Um "check - in" diferente (EC)
Um "check - in" diferente (EC)
Eternidade é "a posse total, simultânea e perfeita de uma vida interminável". (Boécio)
Esse invólucro falível e frágil que comporta nossa vida em essência ao perecer é matéria finda. Limitada. Nada leva, nada carrega.
Divago sobre o eterno, aquilo que fica na memória dos que permanecem que se registram em livros, filmes, discos, e em especial nas nossas lembranças. Somos capazes de fechar os olhos e sentir os aromas, os sabores e revisitar cenas, momentos que de alguma forma nos marcaram. Inserido nos vídeos, clips, CD’s as vozes, imagens, gestuais daqueles que a muito já transpuseram a linha da falibilidade material.

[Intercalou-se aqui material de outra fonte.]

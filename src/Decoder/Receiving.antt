-- ===== src/Decoder/Receiving.antt =====
-- The rounds of `receive_frame` keep the history (mediadecode-ffmpeg/src/decoder/mod.rs).
use mediadecode.Base.{
  ℕ, ◌≤◌, ◌≡◌, refl, sym, ap, ◌∙◌, subst, false, Option, none, some, List, [], ◌∷◌, arith, Result,
  ok, err,
}
use mathlib.Core.Option
use mediadecode.Decoder.Libav.{AvError, ffmpeg, hw_transfer_too_large, Libav}
use mediadecode.Decoder.Phase.{
  Received, candidate_failure, report, Failure, receive_status, produced, needs_input, ended,
}
use mediadecode.Decoder.Footprint.{judge_hw_transfer}
use mediadecode.Decoder.Session.{
  ProbeState, VideoDecoder, is_some, phase, hw_exit, with_inner, hw_receive, route, hw_failure,
}
use mediadecode.Decoder.Calls.{
  pop_first, transfer_hw_frame, try_pop_pending, scaled_transfer, deliver_surface, receive_once,
}
use mediadecode.Decoder.Promises.{Told, Promises}
use mediadecode.Decoder.Rescue.{
  Rescues, Buffers, left_of, left, InStep, told-hw_exit, hw_exit-Rescues, route-Routed,
}
use mediadecode.Decoder.Verdict.{Either, IsStatus, receive_status-Either}
use mediadecode.Decoder.Rounds.{Once, Resumes}

module _ (F : Libav) (L : Promises F) where
  -- A frame commits its backend; input is asked for only before the end; and an end is told only by
  -- a backend that is not on trial.
  abbrev pub IsAnswer : VideoDecoder F → Received F.CpuFrame → Type 0
  IsAnswer t (produced frame) = t.probe ≡ none
  IsAnswer t needs_input = t.eof_sent ≡ false
  IsAnswer t ended = t.probe ≡ none

  -- What a receive leaves: the history as it was.
  abbrev pub ReceiveKeeps :
      Told F.Packet → VideoDecoder F × Result (Failure F) (Received F.CpuFrame) → Type 0
  ReceiveKeeps sent (t, ok received) = InStep F L sent t × IsAnswer t received
  ReceiveKeeps sent (t, err e) = InStep F L sent t × Rescues F (sent.0) e

  -- A step that leaves the context, the probe and the end as they were.
  abbrev Alike : VideoDecoder F → VideoDecoder F → Type 0
  Alike s u = (u.inner ≡ s.inner) × (u.probe ≡ s.probe) × (u.eof_sent ≡ s.eof_sent)

  Alike-InStep :
      (sent : Told F.Packet) (s u : VideoDecoder F)
      → Alike s u
      → InStep F L sent s
      → InStep F L sent u × (left F u ≤ left F s)
  Alike-InStep sent s u alike inv = (
    (
      ap L.told alike.0 ∙ inv.0 ∙ ap (λ b. (sent.0, b)) (sym alike.2),
      subst (Buffers F (sent.0)) (sym alike.1) inv.1,
      alike.2 ∙ inv.2,
    ),
    omega (arith, ap (left_of F) alike.1),
  )

  scaled_transfer-Alike :
      (surface : F.Surface) (s : VideoDecoder F) → Alike s (scaled_transfer F surface s).0
  unfolding scaled_transfer
  scaled_transfer-Alike surface s = ground arith

  hw_failure-Once :
      {A : Type 0} (Q : VideoDecoder F × Result (Failure F) A → Type 0) (sent : Told F.Packet)
      (e : AvError) (s u : VideoDecoder F)
      → InStep F L sent u × (left F u ≤ left F s)
      → let (t, to) = hw_failure F e candidate_failure u in Once F L Q sent s (t, err to)
  unfolding hw_failure
  hw_failure-Once Q sent e s u inv =
      let (c, verdict) = hw_exit F u.inner (ffmpeg e) in
      (
        (told-hw_exit F L u.inner (ffmpeg e) ∙ inv.0.0, inv.0.1, inv.0.2),
        route-Routed F L sent (with_inner F u c) verdict candidate_failure
            (hw_exit-Rescues F L (sent.0) u.inner (ffmpeg e) tt),
        inv.1,
      )

  downloaded-Once :
      (sent : Told F.Packet) (s u : VideoDecoder F) (moved : Result AvError F.CpuFrame)
      → InStep F L sent u × (left F u ≤ left F s)
      → Once F L (ReceiveKeeps sent) sent s (elim moved [
        | ok cpu ↦ (record u { probe = none }, ok (produced cpu))
        | err e ↦ let (t, to) = hw_failure F e candidate_failure u in (t, err to)
      ])
  downloaded-Once sent s u (ok cpu) inv = ((inv.0.0, tt, inv.0.2), refl)
  downloaded-Once sent s u (err e) inv = hw_failure-Once (ReceiveKeeps sent) sent e s u inv

  scaled-Once :
      (sent : Told F.Packet) (surface : F.Surface) (s u : VideoDecoder F)
      (scaled : Option F.CpuFrame)
      → InStep F L sent u × (left F u ≤ left F s)
      → Once F L (ReceiveKeeps sent) sent s (elim scaled [
        | some cpu ↦ (record u { probe = none }, ok (produced cpu))
        | none ↦
            let (w, moved) = transfer_hw_frame F surface u.world in
            let u' : VideoDecoder F = record u { world = w } in
            elim moved [
              | ok cpu ↦ (record u' { probe = none }, ok (produced cpu))
              | err e ↦ let (t, to) = hw_failure F e candidate_failure u' in (t, err to)
            ]
      ])
  scaled-Once sent surface s u (some cpu) inv = ((inv.0.0, tt, inv.0.2), refl)
  scaled-Once sent surface s u none inv =
      let (w, moved) = transfer_hw_frame F surface u.world in
      downloaded-Once sent s (record u { world = w }) moved inv

  deliver_surface-Once :
      (sent : Told F.Packet) (surface : F.Surface) (s u : VideoDecoder F)
      → InStep F L sent u × (left F u ≤ left F s)
      → Once F L (ReceiveKeeps sent) sent s (deliver_surface F surface u)
  unfolding deliver_surface
  deliver_surface-Once sent surface s u inv =
      judged (judge_hw_transfer F surface u.caps.max_frame_bytes) (scaled_transfer F surface u)
        (scaled_transfer-Alike surface u)
    where
      judged :
          (refused : Option (ℕ × ℕ)) (r : VideoDecoder F × Option F.CpuFrame)
          → Alike u r.0
          → Once F L (ReceiveKeeps sent) sent s (elim refused [
            | some (bytes, limit) ↦ (u, err (report (hw_transfer_too_large bytes limit)))
            | none ↦ elim (r.1) [
              | some cpu ↦ (record (r.0) { probe = none }, ok (produced cpu))
              | none ↦
                  let (w, moved) = transfer_hw_frame F surface (r.0).world in
                  let u' : VideoDecoder F = record (r.0) { world = w } in
                  elim moved [
                    | ok cpu ↦ (record u' { probe = none }, ok (produced cpu))
                    | err e ↦ let (t, to) = hw_failure F e candidate_failure u' in (t, err to)
                  ]
            ]
          ])
      judged (some (bytes, limit)) r alike = (inv.0, tt, inv.1)
      judged none (v, scaled) alike =
          let kept = Alike-InStep sent u v alike inv.0 in
          scaled-Once sent surface s v scaled (kept.0, omega (arith, kept.1, inv.1))

  gone_of : (probe : Option (ProbeState F)) → is_some F probe ≡ false → probe ≡ none
  gone_of none h = refl
  gone_of (some p) h = ground arith

  received-Once :
      (sent : Told F.Packet) (s u : VideoDecoder F) (r : Result (Failure F) (Received F.CpuFrame))
      → InStep F L sent u
      → left F u ≤ left F s
      → Either (Rescues F (sent.0)) (IsStatus (is_some F u.probe) u.eof_sent) r
      → Once F L (ReceiveKeeps sent) sent s (elim r [
        | ok received ↦ (u, ok received)
        | err reason ↦ (u, err (route F u reason candidate_failure))
      ])
  received-Once sent s u (ok (produced frame)) inv fewer h = absurd h
  received-Once sent s u (ok needs_input) inv fewer h = (inv, h)
  received-Once sent s u (ok ended) inv fewer h = (inv, gone_of u.probe h)
  received-Once sent s u (err reason) inv fewer h =
      (inv, route-Routed F L sent u reason candidate_failure h, fewer)

  answered-Once :
      (sent : Told F.Packet) (s u : VideoDecoder F) (answer : Result AvError F.Surface)
      → InStep F L sent u × (left F u ≤ left F s)
      → Once F L (ReceiveKeeps sent) sent s (elim answer [
        | ok surface ↦ deliver_surface F surface u
        | err e ↦
            let (c, verdict) = hw_exit F u.inner (ffmpeg e) in
            elim (receive_status F {A = F.CpuFrame} verdict (phase F u)) [
              | ok received ↦ (with_inner F u c, ok received)
              | err reason ↦
                  (with_inner F u c, err (route F (with_inner F u c) reason candidate_failure))
            ]
      ])
  unfolding phase
  answered-Once sent s u (ok surface) inv = deliver_surface-Once sent surface s u inv
  answered-Once sent s u (err e) inv =
      let (c, verdict) = hw_exit F u.inner (ffmpeg e) in
      received-Once sent s (with_inner F u c) (receive_status F verdict (phase F u))
        (told-hw_exit F L u.inner (ffmpeg e) ∙ inv.0.0, inv.0.1, inv.0.2) inv.1
        (receive_status-Either F F.CpuFrame (Rescues F (sent.0)) verdict (is_some F u.probe)
          u.eof_sent (hw_exit-Rescues F L (sent.0) u.inner (ffmpeg e) tt))

  pub receive_once-Once :
      (sent : Told F.Packet) (s : VideoDecoder F)
      → InStep F L sent s
      → Once F L (ReceiveKeeps sent) sent s (receive_once F s)
  unfolding receive_once hw_receive phase
  receive_once-Once sent s inv =
      let (c, answer) = F.receive_frame s.inner in
      answered-Once sent s (with_inner F s c) answer
        ((L.told_receive s.inner ∙ inv.0, inv.1, inv.2), omega arith)

  abbrev Pops : Told F.Packet → VideoDecoder F → VideoDecoder F × Option F.CpuFrame → Type 0
  Pops sent s (t, none) = InStep F L sent t × (left F t ≤ left F s)
  Pops sent s (t, some frame) = InStep F L sent t × (t.probe ≡ none)

  try_pop_pending-Pops :
      (sent : Told F.Packet) (s : VideoDecoder F)
      → InStep F L sent s
      → Pops sent s (try_pop_pending F s)
  unfolding try_pop_pending
  try_pop_pending-Pops sent s inv = popped s.pending_frames
    where
      popped :
          (frames : List F.CpuFrame)
          → Pops sent s (elim frames [
            | [] ↦ (s, none)
            | (frame ∷ rest) ↦ (record s { pending_frames = rest; probe = none }, some frame)
          ])
      popped [] = (inv, omega arith)
      popped (frame ∷ rest) = ((inv.0, tt, inv.2), refl)

  pub pop_first-Resumes :
      (sent : Told F.Packet) (s : VideoDecoder F)
      → InStep F L sent s
      → Resumes F L (ReceiveKeeps sent) sent s (pop_first F s)
  unfolding pop_first
  pop_first-Resumes sent s inv = popped (try_pop_pending F s) (try_pop_pending-Pops sent s inv)
    where
      popped :
          (r : VideoDecoder F × Option F.CpuFrame)
          → Pops sent s r
          → Resumes F L (ReceiveKeeps sent) sent s (r.0, Option.map produced r.1)
      popped (t, some frame) h = h
      popped (t, none) h = h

Busco nos meus guardados emotivos, existenciais, nos achados emocionais os arquivos que se perpetuam ou perpetuarão pelo tempo infinito. Se o transcender fora possível em outro Plano, Galáxia, Campo Energético gostaria de ter comigo, perto e vinculada em afetos, a filha linda que tenho o melhor amor vivido, a infância feliz na praia, o amor desvelado dos pais, alguns amigos adoráveis, mas gostaria de não só tê-los, ai já me vem um capricho. Gostaria de carregar as lembranças dessa dimensão no que concerne ao nosso encontro atual lá para o outro lado.Pura viagem,e imenso apego, desmedido amor,coisas do mundo material.Do ser “materialista”.

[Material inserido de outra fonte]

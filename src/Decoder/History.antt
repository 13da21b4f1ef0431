-- ===== src/Decoder/History.antt =====
-- Every call of the decoder ends and keeps the history (mediadecode-ffmpeg/src/decoder/mod.rs).
use mediadecode.Base.{
  ℕ, ◌≤◌, refl, sym, subst, false, Option, none, some, [], arith, Returns, Result, ok, err,
}
use mathlib.Core.Option
use mediadecode.Decoder.Libav.{Libav}
use mediadecode.Decoder.Phase.{Received, HwRoute, Failure}
use mediadecode.Decoder.Session.{ProbeState, VideoDecoder}
use mediadecode.Decoder.Calls.{
  call_loop, send_once, eof_once, no_answer, pop_first, cleared, receive_once, loop_rounds,
  send_av_packet, send_eof, receive_frame, flush,
}
use mediadecode.Decoder.Promises.{Told, Promises}
use mediadecode.Decoder.Rescue.{Rescues, Buffers, InStep}
use mediadecode.Decoder.Rounds.{Once, Resumes, call_loop-Returns, left_of-loop_rounds, two_more}
use mediadecode.Decoder.Sending.{SendKeeps, EndKeeps, send_once-Once, eof_once-Once}
use mediadecode.Decoder.Receiving.{ReceiveKeeps, receive_once-Once, pop_first-Resumes}

module _ (F : Libav) (L : Promises F) where
  module _ (rounds : ℕ) (enough : 2 ≤ rounds) (sent : Told F.Packet) where
    -- A call's loop, with the rounds that a replay needs.
    loop-Returns :
        {A : Type 0} (Q : VideoDecoder F × Result (Failure F) A → Type 0)
        (once : VideoDecoder F → VideoDecoder F × Result (HwRoute (Failure F)) A)
        (resume : VideoDecoder F → VideoDecoder F × Option A)
        → ((s : VideoDecoder F) → InStep F L sent s → Once F L Q sent s (once s))
        → ((s : VideoDecoder F) → InStep F L sent s → Resumes F L Q sent s (resume s))
        → ((e : Failure F) (t : VideoDecoder F)
            → InStep F L sent t
            → Rescues F (sent.0) e
            → Q (t, err e))
        → (s : VideoDecoder F) → InStep F L sent s
        → Returns Q (call_loop F once resume (loop_rounds F s) rounds s)
    loop-Returns Q once resume goes resumes fails s inv =
        subst (λ n. Returns Q (call_loop F once resume (loop_rounds F s) n s))
          (sym (two_more F L rounds enough).1)
          (call_loop-Returns F L Q sent once resume goes resumes fails (loop_rounds F s)
            (two_more F L rounds enough).0 s inv (left_of-loop_rounds F L s))

    -- The submission of a packet to a decoder in step with a history ends, for enough rounds of a
    -- replay. Accepted, the packet is the last of the history; put off or failed, the history is as
    -- it was. It is put off only before the end, and if all backends failed, the packets handed back
    -- are the history's.
    pub send_av_packet-SendKeeps :
        (packet : F.Packet) (s : VideoDecoder F)
        → InStep F L sent s
        → Returns (SendKeeps F L sent packet) (send_av_packet F rounds packet s)
    unfolding send_av_packet
    send_av_packet-SendKeeps packet s inv =
        loop-Returns (SendKeeps F L sent packet) (send_once F packet) (no_answer F)
          (send_once-Once F L sent packet) (λ u step. (step, omega arith))
          (λ e t step rescue. (step, rescue)) s inv

    pub send_eof-EndKeeps :
        (s : VideoDecoder F) → InStep F L sent s → Returns (EndKeeps F L sent) (send_eof F rounds s)
    unfolding send_eof
    send_eof-EndKeeps s inv =
        loop-Returns (EndKeeps F L sent) (eof_once F) (no_answer F) (eof_once-Once F L sent)
          (λ u step. (step, omega arith)) (λ e t step rescue. (step, rescue)) s inv

    -- A receive from a decoder in step with a history ends, for enough rounds of a replay, and keeps
    -- the history. A frame leaves no backend on trial, input is asked for only before the end, an end
    -- is told only by a backend that is not on trial, and if all backends failed, the packets handed
    -- back are the history's.
    pub receive_frame-ReceiveKeeps :
        (s : VideoDecoder F)
        → InStep F L sent s
        → Returns (ReceiveKeeps F L sent) (receive_frame F rounds s)
    unfolding receive_frame
    receive_frame-ReceiveKeeps s inv = first (pop_first F s) (pop_first-Resumes F L sent s inv)
      where
        first :
            (r : VideoDecoder F × Option (Received F.CpuFrame))
            → Resumes F L (ReceiveKeeps F L sent) sent s r
            → Returns (ReceiveKeeps F L sent) (elim (r.1) [
              | some received ↦ some (r.0, ok received)
              | none ↦ call_loop F (receive_once F) (pop_first F) (loop_rounds F (r.0)) rounds (r.0)
            ])
        first (t, some received) h = h
        first (t, none) h =
            loop-Returns (ReceiveKeeps F L sent) (receive_once F) (pop_first F)
              (receive_once-Once F L sent) (pop_first-Resumes F L sent)
              (λ e u step rescue. (step, rescue)) t h.0

  -- A flush leaves a history of no packets.
  pub flush-InStep : (s : VideoDecoder F) → InStep F L ([], false) (flush F s)
  unfolding flush
  flush-InStep s = (L.told_flush s.inner, buffers s.probe, refl)
    where
      buffers : (probe : Option (ProbeState F)) → Buffers F [] (Option.map (cleared F) probe)
      buffers none = tt
      buffers (some p) = refl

Mas tudo é só um divagar. Um devaneio.
Como no delicado, sensível, curioso e aplaudido filme japonês “DEPOIS DA VIDA”, uma aula de humanidade e abordagem das mais profundas já vista sobre a existência. Uma linda aula de reflexão existencial. Revisão existencial.Nele o cineasta coloca seus personagens (mortos) em situação de alguma forma parecida com a que estou só que já mortos todos tem que fazer em pouquíssimo tempo (três dias) a escolha da lembrança com que atravessarão para a eternidade. Escolher um ÚNICO instante e a cena será recriada, filmada, e apenas com essa cena, essa memória partirão de um lugar digamos intermediário, para o eterno. Algo muito, mas muito mais difícil do que se perceber morto, indubitavelmente.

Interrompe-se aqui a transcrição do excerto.